2019 AI safety literature review:
This is a thorough review of research on AI safety and existential risk over the past year. It provides an overview of all the organisations working in this small but fast-growing area, an assessment of their activities, and some reflections on how the field is developing. It is an invaluable resource for anyone considering donating to charities working in these areas, and for understanding the research landscape.
   Read more: 2019 AI Alignment Literature Review and Charity Comparison (LessWrong).

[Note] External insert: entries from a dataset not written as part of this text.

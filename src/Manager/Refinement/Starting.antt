-- ===== src/Manager/Refinement/Starting.antt =====
-- The start of a session refines that of its cell: `start` of waha-plus/src/plus/manager.plus.ts.
use aira_relay.Base.{
  false, is_some, Text, text_eq, text_eq_refl, insert, lookup-insert, ◌≡◌, refl, sym, arith,
}
use aira_relay.Session.{start}
use aira_relay.Manager.{Database, Runtime, World, ServerConfig, Answers}
use aira_relay.Manager.Operations.{
  is_running, prepare, run_engine, start_new, start_session, put_runtime, update_sessions,
}
use aira_relay.Manager.Cells.{
  Cell, erase, view, cell_prepare, cell_run, cell_start, Refines, shared, same_auth, shared_keeps,
}

module _ {db : Database} (server : ServerConfig) (answers : Answers) (name : Text) where
  -- The start of a prepared session, in the manager and in its cell.
  module _ (r : Runtime) where
    run_result :
        (w : World db) (c : Cell)
        → (run_engine server answers name r w).1 ≡ (cell_run server answers name (erase r) c).1
    unfolding run_engine cell_run
    run_result w c = ground arith

    run_inside :
        (w : World db)
        → let placed = update_sessions server answers (put_runtime server answers name r w) in
          view name (run_engine server answers name r placed).0
          ≡ (cell_run server answers name (erase r) (view name w)).0
    unfolding run_engine cell_run view update_sessions
    run_inside w =
        let started = record r { session = start r.session } in
        ground (
          arith,
          text_eq_refl name,
          lookup-insert name name r w.runtimes,
          lookup-insert name name started (insert name r w.runtimes),
        )

    run_outside :
        (w : World db) (j : Text)
        → text_eq name j ≡ false
        → let placed = update_sessions server answers (put_runtime server answers name r w) in
          view j (run_engine server answers name r placed).0
          ≡ shared name (view name (run_engine server answers name r placed).0) j (view j w)
    unfolding run_engine view update_sessions shared
    run_outside w j d =
        let started = record r { session = start r.session } in
        ground (
          arith,
          same_auth w.auth name j,
          lookup-insert name j r w.runtimes,
          lookup-insert name j started (insert name r w.runtimes),
        )

  erase-prepare :
      (w : World db)
      → erase (prepare server answers name w) ≡ cell_prepare server answers name (view name w)
  unfolding prepare cell_prepare view
  erase-prepare w = refl

  pub is_running-view :
      (w : World db) → is_running server answers name w ≡ is_some (view name w).runtime
  unfolding is_running view
  is_running-view w = ground arith

  pub start_session-Refines :
      Refines {db = db} name (start_session server answers name) (cell_start server answers name)
  unfolding start_session start_new cell_start
  start_session-Refines = record {
    result = λ w. ground (
      arith,
      is_running-view w,
      erase-prepare w,
      run_result (prepare server answers name w)
          (update_sessions server answers
            (put_runtime server answers name (prepare server answers name w) w))
          (view name w),
    );
    inside = λ w.
        ground
          (arith, is_running-view w, erase-prepare w, run_inside (prepare server answers name w) w);
    outside = λ w j d. ground (
      arith,
      sym (shared_keeps name j (view name w) w refl),
      run_outside (prepare server answers name w) w j,
    );
  }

####################################################

Tech Tales:

Digital Campaign
[Westminster, London. 2025]

I don’t remember when I stopped caring about the words, but I do remember the day when I was staring at a mixture of numbers on a screen and I felt myself begin to cry. The numbers weren’t telling me a poem. They weren’t confessing something from a distant author that echoed in myself. But they were telling me about resonance. They were telling me that the cargo they controlled – the synthetic movie that would unfold once I fired up this mixture of parameters – would inspire an emotion that registered as “life-changing” on our Emotion Evaluation Understudy (EEU) metric.

Verified? I said to my colleagues in the control room.
Verified, said my assistant, John, who looked up from his console to wipe a solitary tear from his eye.
Do we have cargo space? I asked.
We’ve secured a tranche of evening bot-time, as well as segments of traditional media, John said.
And we’ve backtested it?
Simulated rollouts show state-of-the-art engagement.
Okay folks, I said. Let’s make some art.

It’s always anticlimactic, the moment where you turn it on. There’s a lag from anywhere between a sub-second a full minute, depending on the size of the system. Then the dangerous part – it’s easy to get fixated on earlier versions of the output, easy to find yourself getting more emotional at the stuff you see early in training than the stuff that appears later. Easy to want to edit the computer. This is natural. This is a lot like being a parent, someone told you in a presentation on ‘workplace psychology for reliable science’. It’s natural to be proud of them when they’ve only just begun to walk. After that, everything seems easy.

We wait. Then the terminal prints “task completion”. We send our creation out onto the internet and the radio and the airwaves: full multi-spectrum broadcast. Everyone’s going to see it. We don’t watch the output ourselves – though we’ll review it in our stand-up meeting tomorrow.

Here, in the sealed bunker, I am briefly convinced I can hear cheering begin to come from the street outside. I am imagining people standing up, eyes welling with tears of laughter and pain, as they receive our broadcast. I am trying to imagine what a state-of-the-art Emotion Evaluation Understudy system means.

Things that inspired this story: AI+Creativity, taken to its logical conclusion; the ‘Two hands are a lot’ blog post from Dominic Cummings; BLEU scores and the general mis-leading nature of metrics; nudge campaigns; political messaging; synthetic text advances; likely advances in audio and video synthesis; a dream I had at the turn of 2019/2020 in which I found myself in a control room carefully dialing in the parameters of a language model, not paying attention to the words but knowing that each variable I tuned inspired a different feeling.